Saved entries
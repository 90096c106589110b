-- ===== src/Coremap/Alloc.antt =====
-- coremap_getpages.
use os.Base.{
  ℕ, ◌+◌, ◌-◌, ◌*◌, ◌%◌, ◌^◌, ◌≤◌, ◌<◌, ◌≡◌, refl, ◌⊎◌, true, false, Option, some, List, arith,
  ◌==◌, Bool-cases, inl, inr, length, get_elem?,
}
use os.Base.Outcome.{Outcome, ok, panic}
use os.Coremap.{
  CoremapPage, free, allocated, entry, is_free, Coremap, page_size, coremap_getfreepages,
  coremap_getpages,
}
use os.Coremap.Scan.{AllFree, Busy, FreePages, got, nowhere, coremap_getfreepages-FreePages}
use os.Coremap.Fill.{in_range}
use os.Coremap.Block.{Blocked, mark_block-Blocked}
use os.Coremap.Invariant.{IsCoremap, count_used-le}

-- What an allocation of `npages` pages may come to: a new block over pages that were free, or a
-- panic where no free run lies behind last_page_used or before it.
pub data Allocated (npages : ℕ) (c : Coremap) : Outcome (ℕ × Coremap) → Type 0 where
  block_at :
      {page : ℕ} {c' : Coremap}
      → page + npages ≤ length c.pages
      → AllFree c.pages page (page + npages)
      → Blocked npages page c.pages c'.pages
      → c'.pages_in_use ≡ c.pages_in_use + npages
      → IsCoremap c'
      → Allocated npages c (ok (page * page_size % 2 ^ 32, c'))
  exhausted :
      ((j : ℕ)
        → j + npages ≤ length c.pages
        → (c.last_page_used ≤ j) ⊎ (j + npages ≤ c.last_page_used)
        → Busy c.pages j (j + npages) (length c.pages))
      → Allocated npages c panic

module _ (npages page : ℕ) (c : Coremap) (h : IsCoremap c) (pos : 0 < npages)
    (fits : page + npages ≤ length c.pages) (all : AllFree c.pages page (page + npages))
    {pages' : List CoremapPage} (b : Blocked npages page c.pages pages') where
  Blocked-clean :
      (k : ℕ) (p : CoremapPage)
      → get_elem? pages' k ≡ some p
      → is_free p.state ≡ true
      → p ≡ entry 0 free
  Blocked-clean k p e f = ground (arith, b.entries k, h.clean k p)

  -- A page in use lies outside the new block.
  outside :
      (j : ℕ) (q : CoremapPage)
      → get_elem? c.pages j ≡ some q
      → is_free q.state ≡ false
      → get_elem? pages' j ≡ some q
  outside j q e used = ground (arith, b.entries j, all j, pos)

  Blocked-blocks :
      (k j : ℕ) (p : CoremapPage)
      → get_elem? pages' k ≡ some p
      → k < j
      → j < k + p.page_count
      → (q : CoremapPage) × (get_elem? pages' j ≡ some q)
        × (q.page_count ≡ 0)
        × (is_free q.state ≡ false)
  Blocked-blocks k j p e lo hi = elim (Bool-cases (k == page)) [
    | inl head ↦ (entry 0 allocated, ground (arith, b.entries k, b.entries j), refl, refl)
    | inr other ↦ elim (Bool-cases (in_range page npages k)) [
      | inl inside ↦ absurd (ground (arith, b.entries k))
      | inr out ↦
          let before : get_elem? c.pages k ≡ some p = ground (arith, b.entries k) in
          let (q, at, none_behind, used) = h.blocks k j p before lo hi in
          (q, outside j q at used, none_behind, used)
    ]
  ]

  Blocked-IsCoremap :
      IsCoremap (record {
        pages = pages';
        pages_in_use = (c.pages_in_use + npages) % 2 ^ 32;
        last_page_used = page + npages - 1;
      })
      × ((c.pages_in_use + npages) % 2 ^ 32 ≡ c.pages_in_use + npages)
  Blocked-IsCoremap =
      let fewer = count_used-le pages' in
      let exact : (c.pages_in_use + npages) % 2 ^ 32 ≡ c.pages_in_use + npages =
        omega (arith, b.counted, b.same_length, h.counted, h.small, fewer) in
      (
        record {
          small = omega (arith, b.same_length, h.small);
          last_le = omega (arith, b.same_length);
          counted = omega (arith, exact, b.counted, h.counted);
          clean = Blocked-clean;
          blocks = Blocked-blocks;
        },
        exact,
      )

module _ (npages : ℕ) (c : Coremap) (h : IsCoremap c) (pos : 0 < npages) where
  getpages_of_search :
      (r : Outcome (Option ℕ × Coremap))
      → coremap_getfreepages npages c ≡ r
      → FreePages npages c r
      → Allocated npages c (coremap_getpages npages c)
  unfolding coremap_getpages
  getpages_of_search r e (got {page} fits all) =
      let some_pages : (npages == 0) ≡ false = ground (arith, pos) in
      let (pages', done, b) = mark_block-Blocked npages page c.pages pos fits all in
      let (valid, exact) = Blocked-IsCoremap npages page c h pos fits all b in
      rw (some_pages, e, done) (block_at fits all b exact valid)
  getpages_of_search r e (nowhere busy) =
      let some_pages : (npages == 0) ≡ false = ground (arith, pos) in
      rw (some_pages, e) (exhausted busy)

  -- An allocation of at least one page gives a block of pages that were free, marks it and nothing
  -- else, and keeps the coremap well formed; it panics only where no run of free pages lies behind
  -- last_page_used or before it.
  pub coremap_getpages-Allocated : Allocated npages c (coremap_getpages npages c)
  coremap_getpages-Allocated =
      getpages_of_search _ refl (coremap_getfreepages-FreePages npages c pos h.last_le)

WHAT TO DO » Copy each of the records above so that nothing differs from the original.

EXERCISE ANSWER »
repository 90096c106589110b
-- ===== src/Coremap/Alloc.antt =====
-- coremap_getpages.
use os.Base.{
  ℕ, ◌+◌, ◌-◌, ◌*◌, ◌%◌, ◌^◌, ◌≤◌, ◌<◌, ◌≡◌, refl, ◌⊎◌, true, false, Option, some, List, arith,
  ◌==◌, Bool-cases, inl, inr, length, get_elem?,
}
use os.Base.Outcome.{Outcome, ok, panic}
use os.Coremap.{
  CoremapPage, free, allocated, entry, is_free, Coremap, page_size, coremap_getfreepages,
  coremap_getpages,
}
use os.Coremap.Scan.{AllFree, Busy, FreePages, got, nowhere, coremap_getfreepages-FreePages}
use os.Coremap.Fill.{in_range}
use os.Coremap.Block.{Blocked, mark_block-Blocked}
use os.Coremap.Invariant.{IsCoremap, count_used-le}

-- What an allocation of `npages` pages may come to: a new block over pages that were free, or a
-- panic where no free run lies behind last_page_used or before it.
pub data Allocated (npages : ℕ) (c : Coremap) : Outcome (ℕ × Coremap) → Type 0 where
  block_at :
      {page : ℕ} {c' : Coremap}
      → page + npages ≤ length c.pages
      → AllFree c.pages page (page + npages)
      → Blocked npages page c.pages c'.pages
      → c'.pages_in_use ≡ c.pages_in_use + npages
      → IsCoremap c'
      → Allocated npages c (ok (page * page_size % 2 ^ 32, c'))
  exhausted :
      ((j : ℕ)
        → j + npages ≤ length c.pages
        → (c.last_page_used ≤ j) ⊎ (j + npages ≤ c.last_page_used)
        → Busy c.pages j (j + npages) (length c.pages))
      → Allocated npages c panic

module _ (npages page : ℕ) (c : Coremap) (h : IsCoremap c) (pos : 0 < npages)
    (fits : page + npages ≤ length c.pages) (all : AllFree c.pages page (page + npages))
    {pages' : List CoremapPage} (b : Blocked npages page c.pages pages') where
  Blocked-clean :
      (k : ℕ) (p : CoremapPage)
      → get_elem? pages' k ≡ some p
      → is_free p.state ≡ true
      → p ≡ entry 0 free
  Blocked-clean k p e f = ground (arith, b.entries k, h.clean k p)

  -- A page in use lies outside the new block.
  outside :
      (j : ℕ) (q : CoremapPage)
      → get_elem? c.pages j ≡ some q
      → is_free q.state ≡ false
      → get_elem? pages' j ≡ some q
  outside j q e used = ground (arith, b.entries j, all j, pos)

  Blocked-blocks :
      (k j : ℕ) (p : CoremapPage)
      → get_elem? pages' k ≡ some p
      → k < j
      → j < k + p.page_count
      → (q : CoremapPage) × (get_elem? pages' j ≡ some q)
        × (q.page_count ≡ 0)
        × (is_free q.state ≡ false)
  Blocked-blocks k j p e lo hi = elim (Bool-cases (k == page)) [
    | inl head ↦ (entry 0 allocated, ground (arith, b.entries k, b.entries j), refl, refl)
    | inr other ↦ elim (Bool-cases (in_range page npages k)) [
      | inl inside ↦ absurd (ground (arith, b.entries k))
      | inr out ↦
          let before : get_elem? c.pages k ≡ some p = ground (arith, b.entries k) in
          let (q, at, none_behind, used) = h.blocks k j p before lo hi in
          (q, outside j q at used, none_behind, used)
    ]
  ]

  Blocked-IsCoremap :
      IsCoremap (record {
        pages = pages';
        pages_in_use = (c.pages_in_use + npages) % 2 ^ 32;
        last_page_used = page + npages - 1;
      })
      × ((c.pages_in_use + npages) % 2 ^ 32 ≡ c.pages_in_use + npages)
  Blocked-IsCoremap =
      let fewer = count_used-le pages' in
      let exact : (c.pages_in_use + npages) % 2 ^ 32 ≡ c.pages_in_use + npages =
        omega (arith, b.counted, b.same_length, h.counted, h.small, fewer) in
      (
        record {
          small = omega (arith, b.same_length, h.small);
          last_le = omega (arith, b.same_length);
          counted = omega (arith, exact, b.counted, h.counted);
          clean = Blocked-clean;
          blocks = Blocked-blocks;
        },
        exact,
      )

module _ (npages : ℕ) (c : Coremap) (h : IsCoremap c) (pos : 0 < npages) where
  getpages_of_search :
      (r : Outcome (Option ℕ × Coremap))
      → coremap_getfreepages npages c ≡ r
      → FreePages npages c r
      → Allocated npages c (coremap_getpages npages c)
  unfolding coremap_getpages
  getpages_of_search r e (got {page} fits all) =
      let some_pages : (npages == 0) ≡ false = ground (arith, pos) in
      let (pages', done, b) = mark_block-Blocked npages page c.pages pos fits all in
      let (valid, exact) = Blocked-IsCoremap npages page c h pos fits all b in
      rw (some_pages, e, done) (block_at fits all b exact valid)
  getpages_of_search r e (nowhere busy) =
      let some_pages : (npages == 0) ≡ false = ground (arith, pos) in
      rw (some_pages, e) (exhausted busy)

  -- An allocation of at least one page gives a block of pages that were free, marks it and nothing
  -- else, and keeps the coremap well formed; it panics only where no run of free pages lies behind
  -- last_page_used or before it.
  pub coremap_getpages-Allocated : Allocated npages c (coremap_getpages npages c)
  coremap_getpages-Allocated =
      getpages_of_search _ refl (coremap_getfreepages-FreePages npages c pos h.last_le)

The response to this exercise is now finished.